==== Entries supplied

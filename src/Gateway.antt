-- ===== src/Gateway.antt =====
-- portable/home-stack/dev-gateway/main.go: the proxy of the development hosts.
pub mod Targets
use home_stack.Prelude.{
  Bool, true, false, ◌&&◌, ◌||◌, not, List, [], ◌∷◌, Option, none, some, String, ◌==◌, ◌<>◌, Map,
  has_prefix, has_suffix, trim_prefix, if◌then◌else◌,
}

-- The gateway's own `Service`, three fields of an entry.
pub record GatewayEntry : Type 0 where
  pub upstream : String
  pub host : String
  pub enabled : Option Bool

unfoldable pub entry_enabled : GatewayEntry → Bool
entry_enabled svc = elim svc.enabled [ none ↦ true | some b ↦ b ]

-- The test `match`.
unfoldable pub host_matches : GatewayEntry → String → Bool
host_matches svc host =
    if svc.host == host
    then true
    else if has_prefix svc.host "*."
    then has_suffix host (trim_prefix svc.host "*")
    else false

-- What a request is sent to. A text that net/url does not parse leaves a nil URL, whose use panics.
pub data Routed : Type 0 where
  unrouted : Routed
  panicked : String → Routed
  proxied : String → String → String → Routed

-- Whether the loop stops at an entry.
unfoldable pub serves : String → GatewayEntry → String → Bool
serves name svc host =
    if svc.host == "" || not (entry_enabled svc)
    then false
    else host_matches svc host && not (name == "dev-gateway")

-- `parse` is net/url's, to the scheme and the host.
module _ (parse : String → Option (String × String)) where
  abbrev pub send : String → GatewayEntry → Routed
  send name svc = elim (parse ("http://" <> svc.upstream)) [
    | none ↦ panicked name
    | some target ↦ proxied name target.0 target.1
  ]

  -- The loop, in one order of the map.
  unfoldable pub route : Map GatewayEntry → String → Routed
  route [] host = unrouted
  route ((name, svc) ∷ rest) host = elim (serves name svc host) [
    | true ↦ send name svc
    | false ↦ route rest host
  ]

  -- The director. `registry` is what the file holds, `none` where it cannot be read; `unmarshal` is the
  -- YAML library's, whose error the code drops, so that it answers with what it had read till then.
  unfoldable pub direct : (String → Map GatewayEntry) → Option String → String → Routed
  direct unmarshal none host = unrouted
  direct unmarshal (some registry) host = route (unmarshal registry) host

========

Among the records above, extract exactly the lines from the line with "and the host." to the line with "-- The loop, in one order of the map.", both lines included, and leave out the rest.

-- `parse` is net/url's, to the scheme and the host.
module _ (parse : String → Option (String × String)) where
  abbrev pub send : String → GatewayEntry → Routed
  send name svc = elim (parse ("http://" <> svc.upstream)) [
    | none ↦ panicked name
    | some target ↦ proxied name target.0 target.1
  ]

  -- The loop, in one order of the map.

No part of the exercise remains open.